Please print out every entry below, verbatim.

#### Supplied data

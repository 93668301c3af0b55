-- ===== src/Compensation/Worker.antt =====
-- `CompensationWorker` of services/worker-service/src/main.ts over the tables of tasks and of dead
-- letters. A task row that was claimed is a snapshot: the writes that follow go by its id.
pub mod Attempts
pub mod Claim
pub mod Requeued
mod Tests
use kuajing.Base.{
  ℕ, suc, ◌+◌, Bool, true, false, ◌&&◌, ◌||◌, not, Option, none, some, List, [], ◌∷◌, if◌then◌else◌,
  find, map, take, leb, ltb, ◌==◌, length, or_else,
}
use kuajing.Base.Sort.{pick, sort_by}
use kuajing.Base.Text.{is_blank, Text, text_eq, codes, trim, trimmed}
use kuajing.Base.Failure.{http, Result, ok, err, ◌>>=◌, ◌>>◌, conflict, not_found, committed}
use kuajing.Compensation.Tasks.{
  TaskType, TaskStatus, pending, processing, completed, retrying, dead_lettered, TaskRow,
  Reservation,
}
use kuajing.Compensation.Retry.{next_retry_at}

pub data LetterStatus : Type 0 where
  open_letter retrying_letter discarded : LetterStatus

-- A row of `dead_letter_tasks`.
pub record Letter : Type 0 where
  pub id : Text
  pub store_id : Text
  pub source_task_id : Option Text
  pub task_type : TaskType
  pub aggregate_id : Text
  pub status : LetterStatus
  pub failure_reason : Text
  pub correlation_id : Text
  pub reservation : Reservation
  pub handler_id : Option Text
  pub decision_note : Option Text

-- A row of `dead_letter_audit_events`.
pub record LetterAudit : Type 0 where
  pub task_id : Text
  pub actor_id : Text
  pub decision_note : Text
  pub old_status : LetterStatus
  pub new_status : LetterStatus

pub record Database : Type 0 where
  pub tasks : List TaskRow
  pub letters : List Letter
  pub audits : List LetterAudit

-- `WorkerStats`, less the time and the error of the last run.
pub record Stats : Type 0 where
  pub processed : ℕ
  pub retried : ℕ
  pub dead_lettered : ℕ

-- `status IN ('pending', 'retrying')`
abbrev pub waits : TaskStatus → Bool
waits pending = true
waits retrying = true
waits processing = false
waits completed = false
waits TaskStatus.dead_lettered = false

abbrev pub is_due : ℕ → TaskRow → Bool
is_due now t = waits t.status && leb t.next_run_at now

pub due : ℕ → List TaskRow → List TaskRow
due now ts = pick (is_due now) ts

-- `ORDER BY next_run_at ASC, created_at ASC`; the table lists the rows as they were created.
pub by_time : List TaskRow → List TaskRow
by_time ts = sort_by (λ (t : TaskRow). t.next_run_at) ts

abbrev pub among : Text → List TaskRow → Bool
among id [] = false
among id (t ∷ ts) = text_eq t.id id || among id ts

abbrev pub set_processing : List TaskRow → TaskRow → TaskRow
set_processing claimed t = if among t.id claimed then record t { status = processing } else t

-- `claimDueTasks`
pub claim_due_tasks : ℕ → ℕ → List TaskRow → List TaskRow × List TaskRow
claim_due_tasks batch_size now tasks =
    let claimed = take batch_size (by_time (due now tasks)) in
    (claimed, map (set_processing claimed) tasks)

-- `UPDATE compensation_tasks SET … WHERE id = …`
abbrev pub update_task : Text → (TaskRow → TaskRow) → TaskRow → TaskRow
update_task id change t = if text_eq t.id id then change t else t

abbrev pub complete : TaskRow → TaskRow
complete t = record t { status = completed; last_error = none }

abbrev pub give_up : ℕ → Text → TaskRow → TaskRow
give_up attempts message t = record t {
  status = TaskStatus.dead_lettered;
  attempt_count = attempts;
  last_error = some (take 2000 message);
}

abbrev pub try_later : ℕ → ℕ → Text → TaskRow → TaskRow
try_later attempts next_run_at message t = record t {
  status = retrying;
  attempt_count = attempts;
  next_run_at = next_run_at;
  last_error = some (take 2000 message);
}

-- The row that a task leaves when it gives up.
abbrev pub letter_of : Text → Text → TaskRow → Letter
letter_of id message t = record {
  id = id;
  store_id = t.store_id;
  source_task_id = some t.id;
  task_type = t.task_type;
  aggregate_id = t.aggregate_id;
  status = open_letter;
  failure_reason = take 2000 message;
  correlation_id = t.correlation_id;
  reservation = t.reservation;
  handler_id = none;
  decision_note = none;
}

-- What the world answers while a task is processed.
pub record Answers : Type 0 where
  pub now : ℕ
  -- whether the inventory service accepts the call
  pub accepts : TaskRow → Bool
  pub message : Text
  pub letter_id : TaskRow → Text

-- `recordFailure`
pub record_failure : Answers → TaskRow → Database × Stats → Database × Stats
record_failure env t (db, stats) =
    let attempts = t.attempt_count + 1 in
    if leb t.max_attempts attempts
    then (
      record db {
        tasks = map (update_task t.id (give_up attempts env.message)) db.tasks;
        letters = letter_of (env.letter_id t) env.message t ∷ db.letters;
      },
      record stats { dead_lettered = stats.dead_lettered + 1 },
    )
    else (
      record db {
        tasks =
            map (update_task t.id (try_later attempts (next_retry_at attempts env.now) env.message))
              db.tasks;
      },
      record stats { retried = stats.retried + 1 },
    )

-- The guard of `callInventory` on the payload.
abbrev pub has_payload : Reservation → Bool
has_payload r = not (is_blank r.sku_id || r.qty == 0 || is_blank r.idempotency_key)

-- `processTask`
pub process_task : Answers → TaskRow → Database × Stats → Database × Stats
process_task env t (db, stats) =
    if has_payload t.reservation && env.accepts t
    then (
      record db { tasks = map (update_task t.id complete) db.tasks },
      record stats { processed = stats.processed + 1 },
    )
    else record_failure env t (db, stats)

pub process_all : Answers → List TaskRow → Database × Stats → Database × Stats
process_all env [] s = s
process_all env (t ∷ ts) s = process_all env ts (process_task env t s)

-- `runOnce`, when no run is under way.
pub run_once : ℕ → Answers → Database × Stats → Database × Stats
run_once batch_size env (db, stats) =
    let (claimed, tasks) = claim_due_tasks batch_size env.now db.tasks in
    process_all env claimed (record db { tasks = tasks }, stats)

########

# Solved exercise
repository 93668301c3af0b55
-- ===== src/Compensation/Worker.antt =====
-- `CompensationWorker` of services/worker-service/src/main.ts over the tables of tasks and of dead
-- letters. A task row that was claimed is a snapshot: the writes that follow go by its id.
pub mod Attempts
pub mod Claim
pub mod Requeued
mod Tests
use kuajing.Base.{
  ℕ, suc, ◌+◌, Bool, true, false, ◌&&◌, ◌||◌, not, Option, none, some, List, [], ◌∷◌, if◌then◌else◌,
  find, map, take, leb, ltb, ◌==◌, length, or_else,
}
use kuajing.Base.Sort.{pick, sort_by}
use kuajing.Base.Text.{is_blank, Text, text_eq, codes, trim, trimmed}
use kuajing.Base.Failure.{http, Result, ok, err, ◌>>=◌, ◌>>◌, conflict, not_found, committed}
use kuajing.Compensation.Tasks.{
  TaskType, TaskStatus, pending, processing, completed, retrying, dead_lettered, TaskRow,
  Reservation,
}
use kuajing.Compensation.Retry.{next_retry_at}

pub data LetterStatus : Type 0 where
  open_letter retrying_letter discarded : LetterStatus

-- A row of `dead_letter_tasks`.
pub record Letter : Type 0 where
  pub id : Text
  pub store_id : Text
  pub source_task_id : Option Text
  pub task_type : TaskType
  pub aggregate_id : Text
  pub status : LetterStatus
  pub failure_reason : Text
  pub correlation_id : Text
  pub reservation : Reservation
  pub handler_id : Option Text
  pub decision_note : Option Text

-- A row of `dead_letter_audit_events`.
pub record LetterAudit : Type 0 where
  pub task_id : Text
  pub actor_id : Text
  pub decision_note : Text
  pub old_status : LetterStatus
  pub new_status : LetterStatus

pub record Database : Type 0 where
  pub tasks : List TaskRow
  pub letters : List Letter
  pub audits : List LetterAudit

-- `WorkerStats`, less the time and the error of the last run.
pub record Stats : Type 0 where
  pub processed : ℕ
  pub retried : ℕ
  pub dead_lettered : ℕ

-- `status IN ('pending', 'retrying')`
abbrev pub waits : TaskStatus → Bool
waits pending = true
waits retrying = true
waits processing = false
waits completed = false
waits TaskStatus.dead_lettered = false

abbrev pub is_due : ℕ → TaskRow → Bool
is_due now t = waits t.status && leb t.next_run_at now

pub due : ℕ → List TaskRow → List TaskRow
due now ts = pick (is_due now) ts

-- `ORDER BY next_run_at ASC, created_at ASC`; the table lists the rows as they were created.
pub by_time : List TaskRow → List TaskRow
by_time ts = sort_by (λ (t : TaskRow). t.next_run_at) ts

abbrev pub among : Text → List TaskRow → Bool
among id [] = false
among id (t ∷ ts) = text_eq t.id id || among id ts

abbrev pub set_processing : List TaskRow → TaskRow → TaskRow
set_processing claimed t = if among t.id claimed then record t { status = processing } else t

-- `claimDueTasks`
pub claim_due_tasks : ℕ → ℕ → List TaskRow → List TaskRow × List TaskRow
claim_due_tasks batch_size now tasks =
    let claimed = take batch_size (by_time (due now tasks)) in
    (claimed, map (set_processing claimed) tasks)

-- `UPDATE compensation_tasks SET … WHERE id = …`
abbrev pub update_task : Text → (TaskRow → TaskRow) → TaskRow → TaskRow
update_task id change t = if text_eq t.id id then change t else t

abbrev pub complete : TaskRow → TaskRow
complete t = record t { status = completed; last_error = none }

abbrev pub give_up : ℕ → Text → TaskRow → TaskRow
give_up attempts message t = record t {
  status = TaskStatus.dead_lettered;
  attempt_count = attempts;
  last_error = some (take 2000 message);
}

abbrev pub try_later : ℕ → ℕ → Text → TaskRow → TaskRow
try_later attempts next_run_at message t = record t {
  status = retrying;
  attempt_count = attempts;
  next_run_at = next_run_at;
  last_error = some (take 2000 message);
}

-- The row that a task leaves when it gives up.
abbrev pub letter_of : Text → Text → TaskRow → Letter
letter_of id message t = record {
  id = id;
  store_id = t.store_id;
  source_task_id = some t.id;
  task_type = t.task_type;
  aggregate_id = t.aggregate_id;
  status = open_letter;
  failure_reason = take 2000 message;
  correlation_id = t.correlation_id;
  reservation = t.reservation;
  handler_id = none;
  decision_note = none;
}

-- What the world answers while a task is processed.
pub record Answers : Type 0 where
  pub now : ℕ
  -- whether the inventory service accepts the call
  pub accepts : TaskRow → Bool
  pub message : Text
  pub letter_id : TaskRow → Text

-- `recordFailure`
pub record_failure : Answers → TaskRow → Database × Stats → Database × Stats
record_failure env t (db, stats) =
    let attempts = t.attempt_count + 1 in
    if leb t.max_attempts attempts
    then (
      record db {
        tasks = map (update_task t.id (give_up attempts env.message)) db.tasks;
        letters = letter_of (env.letter_id t) env.message t ∷ db.letters;
      },
      record stats { dead_lettered = stats.dead_lettered + 1 },
    )
    else (
      record db {
        tasks =
            map (update_task t.id (try_later attempts (next_retry_at attempts env.now) env.message))
              db.tasks;
      },
      record stats { retried = stats.retried + 1 },
    )

-- The guard of `callInventory` on the payload.
abbrev pub has_payload : Reservation → Bool
has_payload r = not (is_blank r.sku_id || r.qty == 0 || is_blank r.idempotency_key)

-- `processTask`
pub process_task : Answers → TaskRow → Database × Stats → Database × Stats
process_task env t (db, stats) =
    if has_payload t.reservation && env.accepts t
    then (
      record db { tasks = map (update_task t.id complete) db.tasks },
      record stats { processed = stats.processed + 1 },
    )
    else record_failure env t (db, stats)

pub process_all : Answers → List TaskRow → Database × Stats → Database × Stats
process_all env [] s = s
process_all env (t ∷ ts) s = process_all env ts (process_task env t s)

-- `runOnce`, when no run is under way.
pub run_once : ℕ → Answers → Database × Stats → Database × Stats
run_once batch_size env (db, stats) =
    let (claimed, tasks) = claim_due_tasks batch_size env.now db.tasks in
    process_all env claimed (record db { tasks = tasks }, stats)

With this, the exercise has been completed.